This book will belong on every law professor's and law student's bookshelf--and on many others' bookshelves as well. (Lawrence A. Alexander, University of San Diego School of Law, author of Is There a Right of Freedom of Expression?)

Schauer is a leading scholar of jurisprudence and legal process, and his new book is as comprehensive, thorough, and sophisticated an introduction to legal reasoning as it is a lucid one. All of the bases are covered, and law students, teachers, practicing lawyers, and judges alike will gain perspective and insight from seeing the entire range of legal reasoning techniques laid out before them. (Richard A. Posner, Judge, U.S. Court of Appeals for the Seventh Circuit, author of How Judges Think)

Thinking Like a Lawyer is by far the best available introduction to legal reasoning, of interest to law students and their teachers alike. It should be enlightening to the general reader as well, who will learn what, for better and perhaps for worse, distinguishes 'thinking like a lawyer' from other approaches to analyzing social problems. (Sanford V. Levinson, University of Texas Law School, author of Our Undemocratic Constitution: Where the Constitution Goes Wrong)
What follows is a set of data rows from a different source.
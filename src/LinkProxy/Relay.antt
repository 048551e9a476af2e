-- ===== src/LinkProxy/Relay.antt =====
-- What one device sends and another one publishes, and what a preempted node becomes, in
-- 722device/network/tls_net_proxy.c.
use ai_coding_for_business.Common.{
  put, put-same, subst, ℕ, zero, suc, ◌+◌, ◌≤◌, ◌<◌, ◌≡◌, ◌⊎◌, inl, inr, refl, sym, ap, ◌∙◌, arith,
  true, false, some, List, [], ◌∷◌, ◌++◌, length, length-append, length-cells, take-all,
  take-append, drop, drop-append, u32_at-be32, ◌≢◌, cells, ◌==◌, Bool-cases,
}
use native.Mathlib.Decide.{dec_le}
use ai_coding_for_business.NetProxy.Text.{Text, cut-id}
use ai_coding_for_business.LinkProxy.{
  Node, PrioQueue, max_priority_levels, queue_size, prio_queue_push, send_buffer,
  check_higher_waiting, send_or_requeue, split_url, parse_url_payload, publish_bytes, published,
  Sending, World, sending_of, taken, send_node, proto_udp, proto_tcp,
}
use ai_coding_for_business.LinkProxy.Ring.{contents, WellFormed, push-refines}

split-send_buffer :
    (url bytes : List ℕ)
    → length url < 256
    → split_url (length url) (send_buffer url bytes) ≡ some (url, bytes)
unfolding split_url
split-send_buffer url bytes h =
    let n = length url in
    let behind : 4 + n ≡ suc (suc (suc (suc n))) = omega arith in
    let rest : drop (4 + n) (send_buffer url bytes) ≡ bytes =
      subst (λ k. drop k (send_buffer url bytes) ≡ bytes) (sym behind)
        (drop-append n url bytes refl) in
    ground (arith, rest, take-append n url bytes refl, length-append url bytes)

parse-send_buffer :
    (url bytes : List ℕ)
    → length url < 256
    → parse_url_payload (send_buffer url bytes) ≡ some (url, bytes)
unfolding parse_url_payload
parse-send_buffer url bytes h =
    ap (λ k. split_url k (send_buffer url bytes)) (u32_at-be32 (length url) ∙ omega arith)
    ∙ split-send_buffer url bytes h

-- A url of fewer than 256 characters and data that fit with it into 4095 bytes: what the sender's buffer
-- holds is published under that url, with that data.
pub published-send_buffer :
    (url bytes : List ℕ)
    → Text url
    → length url < 256
    → 4 + length url + length bytes ≤ 4095
    → published (send_buffer url bytes) ≡ some (url, bytes)
unfolding published publish_bytes
published-send_buffer url bytes t h fits =
    let size = length-append url bytes in
    ap publish_bytes (take-all 4095 (send_buffer url bytes) (omega (arith, size)))
    ∙ ground (arith, parse-send_buffer url bytes h, cut-id url t)

-- The network takes all bytes of a message that fits into the datagram of a receiver.
abbrev pub TakesAll : World → Type 0
TakesAll world = (s : Sending) → length s.bytes ≤ 4095 → world.takes s ≡ some (length s.bytes)

taken-all : (s : Sending) → taken s (some (length s.bytes)) ≡ s ∷ []
taken-all s = elim (Bool-cases (s.proto == proto_tcp)) [
  | inl tcp ↦ rw (tcp, take-all (length s.bytes) s.bytes (omega arith)) refl
  | inr other ↦ rw other refl
]

pub send_node-sending :
    (world : World) (n : Node)
    → TakesAll world
    → n.data_at ≢ 0
    → n.data_len ≢ 0
    → 4 + length n.url + n.data_len ≤ 4095
    → (n.proto ≡ proto_udp) ⊎ (n.proto ≡ proto_tcp)
    → send_node world n ≡ sending_of world n ∷ []
unfolding send_node
send_node-sending world n all some_data some_bytes fits proto =
    let bytes = cells world.memory n.data_at n.data_len in
    let whole = all (sending_of world n) (
      omega
        (arith, length-append n.url bytes, length-cells world.memory n.data_at n.data_len, fits)) in
    known proto (ap (taken (sending_of world n)) whole ∙ taken-all (sending_of world n))
  where
    known :
        (n.proto ≡ proto_udp) ⊎ (n.proto ≡ proto_tcp)
        → taken (sending_of world n) (world.takes (sending_of world n)) ≡ sending_of world n ∷ []
        → send_node world n ≡ sending_of world n ∷ []
    known (inl udp) e = ground (arith, some_data, some_bytes, udp, e)
    known (inr tcp) e = ground (arith, some_data, some_bytes, tcp, e)

module _ (world : World) (qs : ℕ → PrioQueue) (n : Node) where
  requeue :
      check_higher_waiting max_priority_levels qs n.priority ≡ true
      → send_or_requeue world n qs ≡ ([], put qs n.priority (prio_queue_push (qs n.priority) n).1)
  unfolding send_or_requeue
  requeue h = ground (arith, h)

  keep :
      check_higher_waiting max_priority_levels qs n.priority ≡ false
      → send_or_requeue world n qs ≡ (send_node world n, qs)
  unfolding send_or_requeue
  keep h = ground (arith, h)

  -- The node is not sent; it is behind the others of its priority, or these fill their ring.
  abbrev pub Requeued : Type 0
  Requeued =
      ((send_or_requeue world n qs).0 ≡ [])
      × ((contents ((send_or_requeue world n qs).1 n.priority) ≡ contents (qs n.priority) ++ n ∷ [])
          ⊎ ((length (contents (qs n.priority)) ≡ queue_size)
              × ((send_or_requeue world n qs).1 n.priority ≡ qs n.priority)))

  requeue-Requeued :
      WellFormed (qs n.priority)
      → check_higher_waiting max_priority_levels qs n.priority ≡ true
      → Requeued
  requeue-Requeued w h =
      let back = requeue h in
      let q = prio_queue_push (qs n.priority) n in
      let here : put qs n.priority q.1 n.priority ≡ q.1 = put-same qs n.priority q.1 in
      (
        ap (λ r. r.0) back,
        elim (push-refines (qs n.priority) w n) [
          | inl (room, e, c, w') ↦
              inl (
                ap (λ r. contents (r.1 n.priority)) back ∙ ap contents (here ∙ ap (λ r. r.1) e) ∙ c)
          | inr (full, e) ↦ inr (full, ap (λ r. r.1 n.priority) back ∙ here ∙ ap (λ r. r.1) e)
        ],
      )

  -- A ring above the node's priority holds nodes, below number `i`; or none does.
  check_higher_waiting-cases :
      (i : ℕ)
      → ((p : ℕ) × (check_higher_waiting i qs n.priority ≡ true)
          × (n.priority < p)
          × (p < i)
          × (0 < (qs p).count))
        ⊎ ((check_higher_waiting i qs n.priority ≡ false)
            × ((p : ℕ) → n.priority < p → p < i → (qs p).count ≡ 0))
  unfolding check_higher_waiting
  check_higher_waiting-cases zero = inr (refl, λ p lo hi. absurd (omega arith))
  check_higher_waiting-cases (suc i) = elim (dec_le i n.priority) [
    | yes low ↦ inr (ground arith, λ p lo hi. absurd (omega arith))
    | no above ↦ elim (dec_le 1 (qs i).count) [
      | yes some_node ↦ inl (i, ground arith, omega arith, omega arith, omega arith)
      | no empty ↦ elim (check_higher_waiting-cases i) [
        | inl (p, e, lo, hi, found) ↦ inl (p, ground arith, lo, omega arith, found)
        | inr (e, none_above) ↦ inr (
          ground arith,
          λ p lo hi. elim (dec_le i p) [
            | yes last ↦
                let same : p ≡ i = omega arith in
                subst (λ k. (qs k).count ≡ 0) (sym same) (omega arith)
            | no before ↦ none_above p lo (omega arith)
          ],
        )
      ]
    ]
  ]

  -- A node that was taken, at the next look of the thread: where a ring of a higher priority of the eight holds
  -- nodes, it is not sent; it goes behind the other nodes of its priority, or, where these have filled
  -- their ring meanwhile, it is lost. Where no such ring holds any, it is given to the
  -- network and the rings stay.
  pub preempted :
      WellFormed (qs n.priority)
      → ((p : ℕ) × (n.priority < p) × (p < 8) × (0 < (qs p).count) × Requeued)
        ⊎ (((p : ℕ) → n.priority < p → p < 8 → (qs p).count ≡ 0)
            × (send_or_requeue world n qs ≡ (send_node world n, qs)))
  preempted w = elim (check_higher_waiting-cases max_priority_levels) [
    | inl (p, e, lo, hi, found) ↦ inl (p, lo, hi, found, requeue-Requeued w e)
    | inr (e, none_above) ↦ inr (none_above, keep e)
  ]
Thinking Like a Lawyer is well-designed to work for first-year law school classes. It covers the most important themes relating to law and legal reasoning, and manages to do so in ways that are accessible and thought-provoking. (Brian H. Bix, University of Minnesota, author of Jurisprudence: Theory and Context)

A welcome complement to [Edward] Levi's approach, as well as being easier for the legal novice to understand. Yet Schauer's book also offers the lawyer and scholar useful perspective on what he or she does. (Brian Leiter Times Literary Supplement 2010-02-12)

Thinking Like a Lawyer is excellent reading material for anyone wishing a deeper and more nuanced--even a more magnanimous--understanding of the motivations behind law's often convoluted pronouncements. (John Azzolini Law Library Journal 2010-02-01)

About the Author

Frederick Schauer is David and Mary Harrison Distinguished Professor of Law at the University of Virginia.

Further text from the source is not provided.